DOI: https://doi.org/10.1007/s11295-019-1324-y

Interpretive Summary: The objective of this study was to understand fruit acidity variation in a large apple breeding program. Pedigree-connected germplasm of 16 full-sib families representing nine important breeding parents, were genotyped and phenotyped for titratable acidity at harvest and after 10- and 20-week storage treatments, for three successive seasons. Using pedigree-based quantitative trait loci mapping software, evidence was found for only two regions in the genome controlling the acidity trait. and that are jointly responsible for 66 +/-5% of the phenotypic variation. Furthermore, we found that the more high-acidity alleles, the faster the depletion with storage, with all combinations appearing to eventually converge to a common baseline. All parent cultivars and selections had one or two of the four possible high-acidity alleles. Diagnostic markers were identified for acidity alleles derived from distinct sources. This study highlighted the utility of the DNA-based information in new cultivar development for targeting desired fruit acidity levels before or after storage.

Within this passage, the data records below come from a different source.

-- ===== src/Server/Runner/Chain.antt =====
-- Which resolver of the chain answers.
use hydra_dns.Config.{FilteringConfig}
use hydra_dns.Base.{
  ◌≡◌, refl, ◌∙◌, [], ◌∷◌, List, Bool, false, Option, some, if◌then◌else◌, Bytes, inl, inr,
}
use hydra_dns.Dns.Question.{Question}
use hydra_dns.Dns.Packet.{Packet}
use hydra_dns.Filtering.Policy.{PolicyEngine, evaluate}
use hydra_dns.Resolvers.Answer.{answered, failed, no_resolver, Resolver}
use hydra_dns.Resolvers.Chained.{chained_resolve}
use hydra_dns.Resolvers.Chained.First.{
  Answer-cases, chained_loop-answered, chained_loop-failed, chained_loop-single,
}
use hydra_dns.Resolvers.Filtered.{blocked_answer}
use hydra_dns.Resolvers.Filtered.Blocked.{filtering_resolve-evaluate}
use hydra_dns.Resolvers.Reloadable.{reloadable_resolve}
use hydra_dns.Resolvers.Forwarding.{Network}
use hydra_dns.Resolvers.Forwarding.Query.{Inflight, forwarding_resolve}
use hydra_dns.Server.Runner.{
  ChainState, custom_link, forwarding_link, resolver_list, build_resolver_chain,
}
use hydra_dns.Server.Runner.Serving.{PolicyServes, blocked_by, evaluate-PolicyServes}
use hydra_dns.Base.Int.{ℤ}

module _ {W : Type 0} (net : Network W) (inflight : Inflight) where
  -- What the custom resolver answers, and if it fails what the forwarding resolver does.
  unfoldable pub custom_else_forwarded : Resolver (ChainState W)
  custom_else_forwarded req req_bytes s = elim (reloadable_resolve s.custom req) [
    | answered out o ↦ (answered out o, s)
    | failed why ↦
        let (answer, f, w) = forwarding_resolve net inflight req req_bytes s.forwarding s.world in
        (answer, record s { forwarding = f; world = w })
  ]

  resolver_list_lem :
      (req : Packet) (req_bytes : Bytes) (s : ChainState W)
      → net.cancelled s.world ≡ false
      → resolver_list net inflight req req_bytes s ≡ custom_else_forwarded req req_bytes s
  unfolding resolver_list custom_else_forwarded chained_resolve custom_link forwarding_link
  resolver_list_lem req req_bytes s go =
      let custom = custom_link net inflight in
      let forward = forwarding_link net inflight in
      let cancelled : ChainState W → Bool = λ t. net.cancelled t.world in
      elim (Answer-cases (reloadable_resolve s.custom req)) [
        | inl (out, o, e) ↦
            chained_loop-answered cancelled req req_bytes no_resolver out o custom (forward ∷ []) s
              go e
            ∙ rw (custom_else_forwarded, e) refl
        | inr (why, e) ↦
            chained_loop-failed cancelled req req_bytes no_resolver why custom (forward ∷ []) s go e
            ∙ chained_loop-single cancelled req req_bytes why forward s go
            ∙ rw (custom_else_forwarded, e) refl
      ]

  -- While the request is not cancelled and the configuration has a filter, whatever queries, loads
  -- and refreshes of remote lists there were before: a request with a question whose name the
  -- configuration and those lists block gets the blocked answer, and neither of the other resolvers
  -- is asked, so that their states stay; any other name gets what the custom resolver answers, and
  -- only if that fails what the forwarding resolver does. The policy has evaluated the name once.
  pub build_resolver_chain_lem :
      (parse_duration : Bytes → Option ℤ) (cfg : FilteringConfig) (policy : PolicyEngine)
      (req : Packet) (req_bytes : Bytes) (s : ChainState W) (q : Question) (qs : List Question)
      (history : PolicyServes parse_duration cfg policy)
      → net.cancelled s.world ≡ false
      → req.questions ≡ q ∷ qs
      → (let r = build_resolver_chain net inflight req req_bytes (some policy, s) in
          (r.0 ≡ (
            if blocked_by history q.name
            then blocked_answer req
            else (custom_else_forwarded req req_bytes s).0))
          × (r.1.0 ≡ some (evaluate q.name policy).1)
          × (r.1.1 ≡ (
              if blocked_by history q.name then s else (custom_else_forwarded req req_bytes s).1)))
  unfolding build_resolver_chain
  build_resolver_chain_lem parse_duration cfg policy req req_bytes s q qs history go e =
      let filtered =
        filtering_resolve-evaluate (resolver_list net inflight) policy req req_bytes s q qs
          (blocked_by history q.name) e (evaluate-PolicyServes history q.name) in
      let listed = resolver_list_lem req req_bytes s go in
      rw (filtered.0, filtered.1, filtered.2, listed) (refl, refl, refl)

Technical Abstract: Acidity is a critical component of the apple fruit consumption experience. In previous biparental family studies, two large-effect acidity QTLs were reported using freshly harvested fruit. Objectives of this study were to determine the number and location of QTLs for acidity variation in a large apple breeding program and ascertain the quantitative effects and breeding relevance of QTL allelic combinations at harvest and after commercially relevant periods of cold storage. Pedigree-connected germplasm of 16 full-sib families representing nine important breeding parents, genotyped for the 8K SNP array, was assessed for titratable acidity at harvest and after 10- and 20-week storage treatments, for three successive seasons. Using pedigree-based QTL mapping software, FlexQTL™, evidence was found for only two QTLs, on linkage groups 16 (the reported Ma locus) and LG 8 (here called Ma3), that jointly explained 66 +/-5% of the phenotypic variation. An additive allele dosage model for the two QTLs effectively explained most acidity variation, with an average of +1.8 mg/L at harvest per high-acidity allele. The more high-acidity alleles, the faster the depletion with storage, with all combinations appearing to eventually converge to a common baseline. All parent cultivars and selections had one or two of the four possible high-acidity alleles. Each QTL had a rare second high-acidity allele with stronger or reduced effect. Diagnostic SNP markers were identified for QTL alleles derived from distinct sources. Combined QTL effects highlighted utility of the DNA-based information in new cultivar development for targeting desired fruit acidity levels before or after storage.